代議院の議員は、選挙区全体における各政党の勢力を反映するよう設計された比例代表制によって、定期的な5年ごとの選挙で選ばれる。この選挙制度は、得票を議席へと結びつけ、複数政党の代表を可能にすることを目的としている。憲法上の当初の設計では、ギリシャ系キプロス人とトルコ系キプロス人の共同体間での代表配分が想定されていたが、現在の実務では、議院はギリシャ系キプロス人共同体によって選出された代表を中心に機能している。

  • 選挙周期: 5年任期で、全国選挙は比例代表制で実施される(比例代表制)。
  • 共同体的取り決め: 憲法はギリシャ系とトルコ系の両共同体に議席を割り当てており、この特徴は法的枠組みの一部として残っている。
  • 現在の状況: トルコ系キプロス人に割り当てられた議席は、1964年以来空席のままである。

権限と機能

代議院は主たる立法権を行使し、法律を制定し、既存法を改正し、公的支出や租税措置を承認し、政府活動を監督する。また、議会の同意を必要とする国際協定を批准し、委員会活動や本会議での討議を通じて国内政策を監視する。こうした審議は、公的政策を形作るための重要な経路であり、国家の選挙による構成部分の中で政治的多様性を代表する手段でもある。
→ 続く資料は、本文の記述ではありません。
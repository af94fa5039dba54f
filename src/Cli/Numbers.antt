-- ===== src/Cli/Numbers.antt =====
-- The device number of `audioctl set` (src/main.c).
use audioctl.Base.{
  ℕ, ◌-◌, ◌^◌, ◌<◌, ◌≡◌, refl, ap, ◌∙◌, Bool, true, false, not, ◌&&◌, Option, none, some, [], ◌∷◌,
  ltb, leb, if◌then◌else◌, Option-cases, inl, inr, ◌⊎◌, arith,
}
use audioctl.Base.Bytes.{Bytes}
use audioctl.Base.Decimal.{print_int, Scanned, no_number, number, strtol, strtol-print_end}

abbrev pub is_end : Bytes → Bool
is_end [] = true
is_end (c ∷ s) = false

-- `none` for -1. Without a number the result of `strtol` is 0; a number out of its range gives the
-- largest or the smallest `long`.
abbrev pub accepted_id : Scanned → Option ℕ
accepted_id no_number = none
accepted_id (number negative n rest) =
    if (is_end rest && not negative) && (ltb 0 n && leb n (2 ^ 31 - 1)) then some n else none

unfoldable pub parse_device_id : Bytes → Option ℕ
parse_device_id s = accepted_id (strtol s)

taken_bounds :
    (negative : Bool) (n : ℕ) (rest : Bytes) (m : ℕ)
    → accepted_id (number negative n rest) ≡ some m
    → (0 < m) × (m < 2 ^ 31)
taken_bounds negative n rest m taken = ground (arith, taken)

accepted_bounds :
    (x : Scanned)
    → (accepted_id x ≡ none) ⊎ ((m : ℕ) × (accepted_id x ≡ some m) × (0 < m) × (m < 2 ^ 31))
accepted_bounds no_number = inl refl
accepted_bounds (number negative n rest) =
    elim (Option-cases (accepted_id (number negative n rest))) [
      | inl refused ↦ inl refused
      | inr (m, taken) ↦ inr (
        m,
        taken,
        (taken_bounds negative n rest m taken).0,
        (taken_bounds negative n rest m taken).1,
      )
    ]

-- The number of a device that is positive and an `int` is read back from its decimal digits, and
-- whatever is accepted is positive and an `int`.
pub parse_device_id_lem :
    (s : Bytes) (n : ℕ)
    → 0 < n
    → n < 2 ^ 31
    → (parse_device_id (print_int n []) ≡ some n)
      × ((parse_device_id s ≡ none)
          ⊎ ((m : ℕ) × (parse_device_id s ≡ some m) × (0 < m) × (m < 2 ^ 31)))
unfolding parse_device_id
parse_device_id_lem s n positive small = (
  ap accepted_id (strtol-print_end n (omega arith)) ∙ ground (arith, positive, small),
  accepted_bounds (strtol s),
)
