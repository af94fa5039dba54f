-- ===== src/Cli/Route.antt =====
-- The choice of the command, and the background router that `spawn_router` starts (src/main.c).
use audioctl.Base.{
  ◌+◌, ◌≤◌, ◌≡◌, refl, ap, ◌∙◌, Bool, true, false, ◌||◌, List, [], ◌∷◌, ◌++◌, length, take, drop,
  if◌then◌else◌, take_all, arith,
}
use audioctl.Base.Bytes.{Bytes, codes}
use audioctl.Manager.{begins_with}
use audioctl.Cli.{same_string}

-- What `main` does, with the arguments from `argv[2]` on where it looks at them.
pub data Action : Type 0 where
  no_command version help apps log_view ipc_service service_status other_service unknown : Action
  list_devices set_device app_volume virtual_device : List Bytes → Action
  route : Bytes → Action

abbrev pub target_prefix : Bytes
target_prefix = codes "--router-target="

-- The loop over the arguments: the first one with the prefix, cut to the buffer of 256 bytes.
unfoldable pub router_target : List Bytes → Bytes
router_target [] = []
router_target (arg ∷ args) =
    let rest = router_target args in
    if begins_with target_prefix arg then take 255 (drop 16 arg) else rest

abbrev pub is_empty : Bytes → Bool
is_empty [] = true
is_empty (c ∷ s) = false

abbrev pub route_or_log : Bytes → Action
route_or_log uid = if is_empty uid then log_view else route uid

-- The arguments from `argv[1]` on.
unfoldable pub main : List Bytes → Action
main [] = no_command
main (cmd ∷ args) =
    if same_string cmd (codes "--version") || same_string cmd (codes "-v")
    then version
    else if same_string cmd (codes "help")
    then help
    else if same_string cmd (codes "list")
    then list_devices args
    else if same_string cmd (codes "set")
    then set_device args
    else if same_string cmd (codes "apps")
    then apps
    else if begins_with (codes "app-") cmd
    then app_volume args
    else if same_string cmd (codes "virtual-status")
        || (same_string cmd (codes "use-virtual") || same_string cmd (codes "use-physical"))
    then virtual_device args
    else if same_string cmd (codes "internal-route")
    then route_or_log (router_target args)
    else if same_string cmd (codes "internal-ipc-service")
    then ipc_service
    else if begins_with (codes "--") cmd
    then (if same_string cmd (codes "--service-status") then service_status else other_service)
    else unknown

-- The forms of the command set.
pub data SetForm : Type 0 where
  usage_error volume_form device_form : SetForm

unfoldable pub handle_set_command : List Bytes → SetForm
handle_set_command [] = usage_error
handle_set_command (arg ∷ args) = if begins_with (codes "-") arg then volume_form else device_form

-- The arguments that `spawn_router` gives, cut to its buffer of 512 bytes.
unfoldable pub router_arguments : Bytes → List Bytes
router_arguments physical_uid =
    codes "internal-route" ∷ take 511 (target_prefix ++ physical_uid) ∷ []

prefixed :
    (uid : Bytes)
    → (begins_with target_prefix (target_prefix ++ uid) ≡ true)
      × (drop 16 (target_prefix ++ uid) ≡ uid)
      × (length (target_prefix ++ uid) ≡ 16 + length uid)
unfolding begins_with
prefixed uid = (refl, refl, omega arith)

routed :
    (args : List Bytes) → main (codes "internal-route" ∷ args) ≡ route_or_log (router_target args)
unfolding main same_string begins_with
routed args = refl

filled : (uid : Bytes) → 1 ≤ length uid → route_or_log uid ≡ route uid
filled [] h = absurd (omega arith)
filled (c ∷ s) h = refl

target_first :
    (arg : Bytes)
    → begins_with target_prefix arg ≡ true
    → router_target (arg ∷ []) ≡ take 255 (drop 16 arg)
unfolding router_target
target_first arg h = rw h refl

-- The process that `spawn_router` starts for a device routes to that device, if its UID is not empty
-- and fits the buffer of 256 bytes.
pub main-router_arguments :
    (uid : Bytes) → 1 ≤ length uid → length uid ≤ 255 → main (router_arguments uid) ≡ route uid
unfolding router_arguments
main-router_arguments uid some_bytes fits =
    let (first, rest, size) = prefixed uid in
    ap (λ arg. main (codes "internal-route" ∷ arg ∷ []))
      (take_all 511 (target_prefix ++ uid) (omega (arith, size)))
    ∙ routed ((target_prefix ++ uid) ∷ [])
    ∙ ap route_or_log
        (target_first (target_prefix ++ uid) first ∙ ap (take 255) rest ∙ take_all 255 uid fits)
    ∙ filled uid some_bytes
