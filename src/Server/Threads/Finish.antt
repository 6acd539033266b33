-- ===== src/Server/Threads/Finish.antt =====
-- No thread of a server without peers waits for another.
use scalable_key_value_store.Prelude.{
  ℕ, zero, suc, ◌≡◌, ap, ◌∙◌, Option, none, some, List, [], ◌∷◌, get_elem?, replicate,
}
use scalable_key_value_store.Server.Java.{Outcome}
use scalable_key_value_store.Server.Sql.{Engine}
use scalable_key_value_store.Server.Storage.Sqlite.{Tables, IsSqlite}
use scalable_key_value_store.Server.Storage.Refines.{Store, encode}
use scalable_key_value_store.Server.Raft.{RaftNode}
use scalable_key_value_store.Server.Replication.Spec.{IsConsistent}
use scalable_key_value_store.Server.Threads.Calls.{Answer, Prog, ended, failed, call}
use scalable_key_value_store.Server.Threads.Perform.{advance, resume}
use scalable_key_value_store.Server.Threads.Pool.{
  Request, Reply, Thread, Pool, Move, moves, advance_at, move, interleave,
}
use scalable_key_value_store.Server.Threads.Guard.{Log, Extends-refl, IsSafe}
use scalable_key_value_store.Server.Threads.Access.{perform-IsDone}
use scalable_key_value_store.Server.Threads.Outcome.{IsAnswer, IsCalm, move-IsCalm}
use scalable_key_value_store.Server.Threads.Answers.{IsThread-at, idle, calm}

module _ {D : Type 0} (sql : Engine D) where
  advance_at-same :
      (i : ℕ) (ts : List Thread) (s : RaftNode D) (r : Request) (p : Prog Reply)
      → get_elem? ts i ≡ some (r, p)
      → get_elem? (advance_at sql i ts s).0 i ≡ some (r, (advance sql p s).0)
  unfolding advance_at
  advance_at-same i [] s r p h = absurd (cc)
  advance_at-same zero (t ∷ ts) s r p h = ap (advanced s) h
    where
      advanced : RaftNode D → Option Thread → Option Thread
      advanced u none = none
      advanced u (some (q, k)) = some (q, (advance sql k u).0)
  advance_at-same (suc i) (t ∷ ts) s r p h = advance_at-same i ts s r p h

  -- So many accesses of the thread at a place bring it to its end, with a reply that is an answer.
  pub record Finishes (tables : D → Tables) (w : Pool D) (i : ℕ) (r : Request) : Type 0 where
    pub turns : ℕ
    pub reply : Reply
    pub ends :
        get_elem? (interleave sql (replicate turns (moves i)) w).threads i ≡ some (r, ended reply)
    pub store : Store
    pub held : tables (interleave sql (replicate turns (moves i)) w).node.storage ≡ encode store
    pub answers : IsAnswer r reply store.log

  module _ (tables : D → Tables) (laws : IsSqlite sql tables) where
    finish :
        (start : Log) (r : Request) (p : Prog Reply) (w : Pool D) (i : ℕ)
        → get_elem? w.threads i ≡ some (r, p)
        → IsCalm sql tables laws start w.node w.threads
        → Finishes tables w i r
    unfolding IsSafe interleave move advance
    finish start r (ended x) w i there h = record {
      turns = 0;
      reply = x;
      ends = there;
      store = h.store;
      held = h.orderly.held;
      answers = IsThread-at h.store.log w.threads i (r, ended x) h.threads there;
    }
    finish start r (failed e) w i there h =
        absurd (IsThread-at h.store.log w.threads i (r, failed e) h.threads there)
    finish start r (call c k) w i there h =
        let safe = IsThread-at h.store.log w.threads i (r, call c k) h.threads there in
        let done =
          perform-IsDone sql tables laws w.node h.store h.orderly c
            (safe h.store.log (Extends-refl h.store.log)).0 in
        let rest =
          finish start r (k done.result) (move sql (moves i) w) i
            (advance_at-same i w.threads w.node r (call c k) there
              ∙ ap (λ (m : Outcome (Answer c) × RaftNode D). some (r, resume m.0 k)) done.runs)
            (move-IsCalm sql tables laws start (moves i) w h) in
        record {
          turns = suc rest.turns;
          reply = rest.reply;
          ends = rest.ends;
          store = rest.store;
          held = rest.held;
          answers = rest.answers;
        }

    -- However PUTs, GETs and election tasks have interleaved on a server without peers, each of
    -- their threads comes to its end with an answer to its request by accesses of its own alone,
    -- finitely many: none waits for another, and none fails. No statement fails on the connection,
    -- and at the start the counters were in order and the table was what the applied entries write.
    pub thread-Finishes :
        (s : RaftNode D) (a : Store) (ms : List Move) (i : ℕ) (r : Request) (p : Prog Reply)
        → tables s.storage ≡ encode a
        → s.peers ≡ []
        → IsConsistent a
        → get_elem? (interleave sql ms (idle s)).threads i ≡ some (r, p)
        → Finishes tables (interleave sql ms (idle s)) i r
    thread-Finishes s a ms i r p held alone c there =
        finish a.log r p (interleave sql ms (idle s)) i there
          (calm sql tables laws s a held alone c ms)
組織面では、代議院は議員によって選出される議長または院長、特定の政策分野を審査する常任委員会、そして法案の提出と可決の手順を定める議事規則によって運営される。議院は大統領府や閣僚会議と関わり、それらの निर्णयを精査し、場合によっては政府計画を実施するために必要な立法上の措置を認可する。

歴史的には、代議院はキプロス共和国を成立させた独立取り決めの下で設置された。共同体間の緊張と1963年から1964年にかけての出来事により、トルコ系キプロス人代表は離脱し、それ以来、これらの留保議席は埋まっていない。この事実は、憲法改正や再統一をめぐる議論に今なお影響を与えている。この制度は、国際的に承認されたキプロス共和国における民主的代表の中心であり続け、統治、少数者の権利、さらには欧州統合や国際法に関連する事項を含め、外部の行為主体との関係をめぐる議論でも継続的な役割を果たしている(議会キプロス共和国)。